In addition to angiogenesis, some studies have demonstrated that DDR1 enhances metastatic capacity, but the mechanism is not well understood.^[ ⁴⁵ ^] Actin cytoskeleton reorganization is closely related to tumor cell migration, and DDR1 is suggested to be correlated with actin cytoskeleton remodeling, although it plays distinct roles in different cell types.^[ ²⁸ , ²⁹ , ⁴⁶ ^] Some studies have demonstrated that DDR1 stimulates the formation of linear invadosomes and actin stress fibers in breast cancer cells,^[ ²⁸ , ³⁰ ^] while Yeh et al. reported that DDR1 inhibits Rac1/Cdc42 activity to decrease the F‐actin content in Madin‐Darby canine kidney (MDCK) cells.^[ ⁴⁷ ^] Our study first demonstrated that DDR1 mediated cytoskeletal reorganization by increasing the accumulation of actin stress fibers and further enhancing the metastatic capacity of GC cells. Actin cytoskeleton reorganization is commonly coupled with EMT, which is an initial step for tumor metastasis cascades.^[ ⁴⁸ ^] We also found that DDR1 induced EMT in GC cells. However, the mechanism by which DDR1 regulates actin cytoskeleton reorganization and EMT is still unclear. RhoA and its downstream kinase, ROCK1, are known to be important regulators extensively involved in actin cytoskeleton reorganization.^[ ⁴⁹ ^] Gilkes et al. suggested that HIF‐1α was an activator of RhoA/ROCK1 signaling.^[ ⁵⁰ ^] Our study further provides evidence that DDR1 promotes actin cytoskeleton reorganization through HIF‐1α/RhoA/ROCK1 signaling in GC cells and clarifies a novel mechanism for tumor metastasis in GC.

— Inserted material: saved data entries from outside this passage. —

-- ===== src/BitcoinPayLink/Tests.antt =====
-- Runs of the Bitcoin payment links, and their theorems at concrete inputs.
use cashloom.Prelude.{
  ◌≡◌, refl, ◌↔◌, true, false, some, [], ◌∷◌, lit, ok, err, text_eq, trim, drop_spaces, is_space,
  includes, find, select, any, all, count, update,
}
use cashloom.Payments.{Payment, PaymentStatus, status_eq}
use cashloom.MinorUnits.{value_from, digits_of}
use cashloom.Pay.{PaymentSender, PayDb}
use cashloom.Pay.Accounts.{sender_for_asset, sending_account, timestamp_now}
use cashloom.Pay.Quote.{insert_payment}
use cashloom.Pay.Claim.{
  ConfirmRuntime, Claimed, ClaimResult, payment_of, binding_of, check_binding, is_expired,
  still_quoted, set_confirmed, swap_status, claim_fresh, claim_quoted, claim,
}
use cashloom.Pay.Settle.{SendOutcome, Recording, settle, on_signed_all}
use cashloom.Records.Samples.{id_of}
use cashloom.Records.Link.{
  all_same, same_authority, same_payment_field, parent_of, intent_link, commitment_link,
  link_by_schema, assert_immediate_link,
}
use cashloom.Records.Chain.{active_at, active_when}
use cashloom.RecordStore.Insert.{by_id}
use cashloom.RecordStore.Reads.{
  text_before, newest, stored_record, indexed_stored_record, get_local, local_payment_intent_by_id,
  checked_commitment, local_execution_commitment_for, latest_public_node_descriptor,
}
use cashloom.AssetTrust.Parse.{
  is_token, is_rail, bounded_token, rail_identifier, enum_value, no_duplicates, unique_enum_array,
  check_provider, check_egress, parse_evidence, parse_evidences, check_manifest,
  parse_asset_trust_manifest, check_policy, parse_asset_trust_policy,
}
use cashloom.AssetTrust.Evaluate.{
  findings_of, control_checks, egress_checks, unknown_controls, settlement_checks, access_checks,
  first_unknowns, last_unknowns, unknown_checks, all_checks, evaluate_asset_trust,
}
use cashloom.BitcoinProfile.{
  destination_dust, is_positive_satoshis, is_satoshis, parse_bitcoin_satoshis,
  parse_max_fee_satoshis, dust_floor, parse_bitcoin_address, canonical_case,
  parse_bitcoin_payment_terms,
}
use cashloom.Records.{V2Record}
use cashloom.BitcoinPayLink.{
  Node, PreparedExecution, ExecutionContext, ExecutionReview, ExecutionSnapshot, ConfirmInput,
}
use cashloom.BitcoinPayLink.Asserts.{
  as_intent, as_descriptor, as_manifest, joined_row, account_row, is_btc_account, matches_source,
  assert_execution_account, verify_at, verify_link, assert_id, assert_timestamp,
  assert_trust_binding, assert_bitcoin_intent,
}
use cashloom.BitcoinPayLink.Context.{
  request_parent, active_descriptor, active_intent, intent_context, active_context,
  historical_context,
}
use cashloom.BitcoinPayLink.Review.{
  binding_bytes, stored_fee, row_matches, draft_matches, as_commitment, earlier_timestamp, is_over,
  check_identifiers, check_payload, digest_of, review_digest, execution_review, reservation_of,
  unreviewed, draft_binding, validate_commitment,
}
use cashloom.BitcoinPayLink.Stored.{
  payment_row, binding_for_intent, binding_for_review, is_txid, execution_status,
  result_from_payment, is_possible, assert_stored_binding_payment, assert_committed, assert_txid,
  assert_historical_execution,
}
use cashloom.BitcoinPayLink.Prepare.{
  same_binding_key, binding_checks, binding_references, insert_binding, bound_payment,
  begin_prepare, bind, store_quote, finalize_prepared, answer_race, prepare, Quoting,
}
use cashloom.BitcoinPayLink.Confirm.{
  Ready, Started, make_ready, start_confirm, commitment_for, assert_claim, bound_claim,
}
use cashloom.BitcoinPayLink.Status.{unclaimed, offer, status}
use cashloom.BitcoinPayLink.Prepared.{IsPrepared, prepare-IsPrepared}
use cashloom.BitcoinPayLink.Confirmable.{store_quote-start_confirm}
use cashloom.BitcoinPayLink.Admitted.{IsCommitted}
use cashloom.BitcoinPayLink.Reviewed.{PaysTerms, claim-reviewed}
use cashloom.BitcoinPayLink.Offered.{status-start_confirm}
use cashloom.BitcoinPayLink.Granted.{claim-granted}
use cashloom.BitcoinPayLink.Told.{told_status, settle-result_from_payment}
use cashloom.BitcoinPayLink.SampleRecords.{commitment}
use cashloom.BitcoinPayLink.Samples.{
  host, before, after, draft, payment, binding, context, ready, wallet, at_three,
}

-- All that a run computes with.
links : Unit {0}
unfolding text_eq trim drop_spaces is_space includes find select any all count update status_eq
    value_from digits_of sender_for_asset sending_account timestamp_now insert_payment payment_of
    binding_of check_binding is_expired still_quoted swap_status claim_fresh claim_quoted claim
    all_same same_authority same_payment_field parent_of intent_link commitment_link link_by_schema
    assert_immediate_link by_id text_before newest stored_record indexed_stored_record get_local
    local_payment_intent_by_id checked_commitment local_execution_commitment_for
    latest_public_node_descriptor is_token is_rail bounded_token rail_identifier enum_value
    no_duplicates unique_enum_array check_provider check_egress parse_evidence parse_evidences
    check_manifest parse_asset_trust_manifest check_policy parse_asset_trust_policy findings_of
    control_checks egress_checks unknown_controls settlement_checks access_checks first_unknowns
    last_unknowns unknown_checks all_checks evaluate_asset_trust destination_dust
    is_positive_satoshis is_satoshis parse_bitcoin_satoshis parse_max_fee_satoshis dust_floor
    parse_bitcoin_address canonical_case parse_bitcoin_payment_terms as_intent as_descriptor
    as_manifest joined_row account_row is_btc_account matches_source assert_execution_account
    active_at active_when verify_at verify_link assert_id assert_timestamp assert_trust_binding
    assert_bitcoin_intent request_parent active_descriptor active_intent intent_context
    active_context historical_context binding_bytes stored_fee row_matches draft_matches
    as_commitment earlier_timestamp is_over check_identifiers check_payload digest_of review_digest
    execution_review reservation_of unreviewed draft_binding validate_commitment payment_row
    binding_for_intent binding_for_review is_txid execution_status result_from_payment is_possible
    assert_stored_binding_payment assert_committed assert_txid assert_historical_execution
    same_binding_key binding_checks binding_references insert_binding bound_payment begin_prepare
    bind store_quote finalize_prepared answer_race prepare make_ready start_confirm commitment_for
    assert_claim bound_claim unclaimed offer status
links = tt

read : active_context host before (id_of 3) (lit "acct") (3 ∷ []) ≡ ok context
unfolding links
read = refl

stored : store_quote host context draft (at_three before) ≡ ok (binding, after)
unfolding links
stored = refl

started :
    start_confirm host (at_three after) (record { payment_id = lit "p"; review_id = id_of 90 })
    ≡ ok (Started.ready ready)
unfolding links
started = refl

abbrev input : ConfirmInput
input = record { payment_id = lit "p"; review_id = id_of 90 }

abbrev quoting : ExecutionContext → Quoting
quoting c = record { draft = ok draft; at = at_three before; after = at_three }

prepared :
    (out : PreparedExecution × Node) × (prepare host
        (at_three before)
        (record { intent_record_id = id_of 3; account_id = lit "acct" })
        quoting
      ≡ ok out)
unfolding links
prepared = (_, refl)

prepare-IsPrepared_example : IsPrepared host prepared.0.1 (id_of 3) (lit "acct") prepared.0.0.review
prepare-IsPrepared_example =
    prepare-IsPrepared host (at_three before)
      (record { intent_record_id = id_of 3; account_id = lit "acct" }) quoting prepared.0 prepared.1

is_fresh : status_eq payment.status PaymentStatus.quoted ≡ true
unfolding links
is_fresh = refl

store_quote-start_confirm_example :
    (r : Ready) × (start_confirm host (at_three after) input ≡ ok (Started.ready r))
    × (r.binding ≡ binding)
    × (r.payment ≡ payment)
store_quote-start_confirm_example =
    store_quote-start_confirm host context draft (at_three before) binding after (λ d. refl)
      is_fresh stored

-- The deadline is 8.
offered : (s : ExecutionSnapshot) × (status host (at_three after) input ≡ ok s)
unfolding links
offered = (_, refl)

status-start_confirm_example :
    (offered.0.can_confirm ≡ true)
    ↔ ((r : Ready) × (start_confirm host (at_three after) input ≡ ok (Started.ready r)))
status-start_confirm_example = status-start_confirm host (at_three after) input offered.0 offered.1

abbrev sender : PaymentSender
sender = record {
  type = lit "btc";
  assets = lit "BTC" ∷ [];
  quote = λ key asked. err (lit "no quote");
}

abbrev runtime : ConfirmRuntime
runtime = record {
  senders = sender ∷ [];
  now = 3 ∷ [];
  bound_claim = some (bound_claim host ready after);
}

abbrev claimed : Claimed
claimed = record { row = payment; account = wallet; sender = sender; expected = some binding }

held : commitment_for host after context ≡ ok (some commitment)
unfolding links
held = refl

valid : validate_commitment host commitment context binding (8 ∷ []) (some (3 ∷ [])) ≡ ok tt
unfolding links
valid = refl

timed : timestamp_now host.engine (3 ∷ []) ≡ ok (3 ∷ [])
unfolding links
timed = refl

sends : sending_account (lit "acct") after.pay ≡ ok wallet
unfolding links
sends = refl

sent : sender_for_asset host.engine (lit "BTC") (sender ∷ []) ≡ ok sender
unfolding links
sent = refl

unexpired : is_expired host.engine payment (some binding) (3 ∷ []) ≡ false
unfolding links
unexpired = refl

own : binding_of (lit "p") after.pay ≡ some binding
unfolding links
own = refl

sole : count (still_quoted payment) after.pay.payments ≡ 1
unfolding links
sole = refl

claim-granted_example :
    claim host.engine (lit "p") runtime after.pay
    ≡ ok (
      ClaimResult.claimed claimed,
      record after.pay {
        payments = update (still_quoted payment) (set_confirmed (3 ∷ [])) after.pay.payments;
      },
    )
claim-granted_example =
    claim-granted host (at_three after) input ready commitment wallet sender (sender ∷ []) started
      held valid timed sends sent unexpired own sole

won :
    (db : PayDb) × (claim host.engine (lit "p") runtime after.pay
      ≡ ok (ClaimResult.claimed claimed, db))
unfolding links
won = (_, refl)

claim-reviewed_example :
    (payment.id ≡ lit "p")
    × (fresh : ExecutionContext) × (review : ExecutionReview) × (promise : V2Record)
    × (active_context host after (id_of 3) (lit "acct") (3 ∷ []) ≡ ok fresh)
    × PaysTerms payment fresh
    × (execution_review host binding payment fresh ≡ ok review)
    × (review.review_id ≡ id_of 90)
    × (is_over host (3 ∷ []) review.digest.confirm_before ≡ false)
    × (commitment_for host after fresh ≡ ok (some promise))
    × IsCommitted host binding review.digest.confirm_before promise
claim-reviewed_example =
    claim-reviewed host (at_three after) input ready after runtime claimed won.0 started refl won.1

abbrev confirmed : PayDb
confirmed = record after.pay { payments = record payment { status = PaymentStatus.confirmed } ∷ [] }

is_there :
    payment_of (lit "p") confirmed.payments
    ≡ some (record payment { status = PaymentStatus.confirmed })
unfolding links
is_there = refl

settle-result_from_payment_example :
    (q : Payment) × (payment_of
        (lit "p")
        (settle claimed
          (SendOutcome.refused (lit "no"))
          Recording.recorded
          (lit "n")
          (4 ∷ [])
          (on_signed_all (lit "p") (lit "t" ∷ []) (4 ∷ []) confirmed)).1.payments
      ≡ some q)
    × ((result_from_payment q (id_of 90)).payment_id ≡ lit "p")
    × ((result_from_payment q (id_of 90)).status
        ≡ told_status (lit "t" ∷ []) (SendOutcome.refused (lit "no")) Recording.recorded)
settle-result_from_payment_example =
    settle-result_from_payment claimed (lit "t" ∷ []) (SendOutcome.refused (lit "no"))
      Recording.recorded (lit "n") (4 ∷ []) (id_of 90) confirmed
      (record payment { status = PaymentStatus.confirmed }) is_there refl refl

The past decade has seen little progress in anticancer drugs for GC, leading to limited survival improvements lagging those in other malignancies.^[ ⁵¹ ^] At present, trastuzumab is the only effective targeted therapeutic drug for GC in clinical practice and can improve the prognosis of HER2‐positive GC patients.^[ ⁵² ^] However, only 10%–20% of GC cases show HER2 overexpression or amplification.^[ ⁵³ ^] Thus, there is an urgent need to explore novel therapeutic targets for GC. PDX and organoid models reproduce the genetic and phenotypic heterogeneity of the original tumors and mimic the biological characteristics much better than in vitro culture models.^[ ⁵⁴ ^] Therefore, we established PDX and organoid models of GC, as we have previously described, and tested the effect of pharmacological inhibition of DDR1 with 7rh benzamide.^[ ⁵⁵ ^] Treatment with 7rh benzamide efficiently inhibited tumor angiogenesis and growth in the PDX models. In addition, our organoid model results showed that 7rh benzamide attenuated the reorganization of the actin cytoskeleton, consistent with the in vitro results. Further clinical trials should be performed to validate the therapeutic effect of 7rh benzamide in GC. Collectively, these results provide solid evidence for DDR1 as a treatment target for GC.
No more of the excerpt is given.